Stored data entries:
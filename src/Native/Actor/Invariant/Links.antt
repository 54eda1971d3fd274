-- ===== src/Native/Actor/Invariant/Links.antt =====
-- Making and ending links keeps the invariant.
use lobbylink.Base.{
  ℕ, ◌≡◌, ◌∙◌, Bool, List, [], ◌∷◌, Option, none, some, ltb, arith, if_cases, lookup_cases, inl,
  inr,
}
use lobbylink.Base.Map
use lobbylink.Base.Map.{HashMap, get-insert, get-insert_inv, get-remove}
use lobbylink.Native.Actor.{Link, Peer, Rtc, Actor}
use lobbylink.Native.Actor.Peers.{
  drop_peer, close_peer, close_peers, teardown_peers, add_link, create_link,
}
use lobbylink.Native.Actor.Invariant.{described_later, IsSound}
use lobbylink.Native.Actor.Invariant.Linked.{
  skip_epoch-IsLinked, drop_peer-IsLinked, add_link-IsLinked, get-close_peer,
}

module _ {self_id max_players : ℕ} where
  drop_peer-IsSound :
      (a : Actor) (k : ℕ) (peer : Peer)
      → Map.get a.peers k ≡ some peer
      → IsSound self_id max_players a
      → IsSound self_id max_players (drop_peer a k peer)
  unfolding drop_peer
  drop_peer-IsSound a k peer h v = record {
    self = v.self;
    slots = v.slots;
    roster = v.roster;
    shared = v.shared;
    linked = drop_peer-IsLinked a k peer h v.linked;
    outputs = (tt, v.outputs);
    flushed = λ i p g n.
        let there = get-remove a.peers k i in
        described_later p.link.epoch _ a.log (v.flushed i p (ground arith) n);
  }

  pub close_peer-IsSound :
      (a : Actor) (k : ℕ)
      → IsSound self_id max_players a
      → IsSound self_id max_players (close_peer a k)
  unfolding close_peer
  close_peer-IsSound a k v =
      lookup_cases (IsSound self_id max_players) (Map.get a.peers k) a (drop_peer a k) (λ _. v)
        (λ peer h. drop_peer-IsSound a k peer h v)

  close_peers-IsSound :
      (ids : List ℕ) (a : Actor)
      → IsSound self_id max_players a
      → IsSound self_id max_players (close_peers ids a)
  unfolding close_peers
  close_peers-IsSound [] a v = v
  close_peers-IsSound (id ∷ ids) a v =
      close_peers-IsSound ids (close_peer a id) (close_peer-IsSound a id v)

  pub teardown_peers-IsSound :
      (a : Actor) → IsSound self_id max_players a → IsSound self_id max_players (teardown_peers a)
  unfolding teardown_peers Map.get
  teardown_peers-IsSound a v =
      let torn = close_peers-IsSound (Map.keys a.peers) a v in
      record {
        self = torn.self;
        slots = torn.slots;
        roster = torn.roster;
        shared = torn.shared;
        linked = record {
          links = torn.linked.links;
          apart = torn.linked.apart;
          spent = torn.linked.spent;
          watched = λ i w g. cc;
        };
        outputs = torn.outputs;
        flushed = torn.flushed;
      }

  add_link-IsSound :
      (a : Actor) (k : ℕ) (initiator : Bool)
      → initiator ≡ ltb self_id k
      → Map.get a.peers k ≡ none
      → IsSound self_id max_players a
      → IsSound self_id max_players (add_link a k initiator)
  unfolding add_link
  add_link-IsSound a k initiator d free v = record {
    self = v.self;
    slots = v.slots;
    roster = v.roster;
    shared = v.shared;
    linked = add_link-IsLinked a k initiator (some []) d free v.linked;
    outputs = (tt, v.outputs);
    flushed = λ i p g n. elim (get-insert_inv a.peers k i _ p g) [
      | inl (at, now) ↦ cc
      | inr (other, was) ↦ described_later p.link.epoch _ a.log (v.flushed i p was n)
    ];
  }

  -- Also when the webrtc crate makes no connection.
  pub create_link-IsSound :
      (a : Actor) (rtc : Rtc) (k : ℕ) (initiator : Bool)
      → initiator ≡ ltb self_id k
      → IsSound self_id max_players a
      → IsSound self_id max_players (create_link a rtc k initiator).0
  unfolding create_link
  create_link-IsSound a rtc k initiator d v =
      let closed = close_peer-IsSound a k v in
      if_cases (λ (r : Actor × Option Link). IsSound self_id max_players r.0) rtc.new_link_ok _ _
        (λ _.
          add_link-IsSound (close_peer a k) k initiator d (get-close_peer a k k ∙ ground arith)
            closed)
        (λ _. record {
          self = closed.self;
          slots = closed.slots;
          roster = closed.roster;
          shared = closed.shared;
          linked = skip_epoch-IsLinked self_id _ _ _ _ closed.linked;
          outputs = closed.outputs;
          flushed = closed.flushed;
        })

• DIRECTIONS
Starting from the line that contains "let closed = close_peer-IsSound", give again every line to the last line of the data, exactly. Include nothing else.

• EXERCISE SOLUTION
      let closed = close_peer-IsSound a k v in
      if_cases (λ (r : Actor × Option Link). IsSound self_id max_players r.0) rtc.new_link_ok _ _
        (λ _.
          add_link-IsSound (close_peer a k) k initiator d (get-close_peer a k k ∙ ground arith)
            closed)
        (λ _. record {
          self = closed.self;
          slots = closed.slots;
          roster = closed.roster;
          shared = closed.shared;
          linked = skip_epoch-IsLinked self_id _ _ _ _ closed.linked;
          outputs = closed.outputs;
          flushed = closed.flushed;
        })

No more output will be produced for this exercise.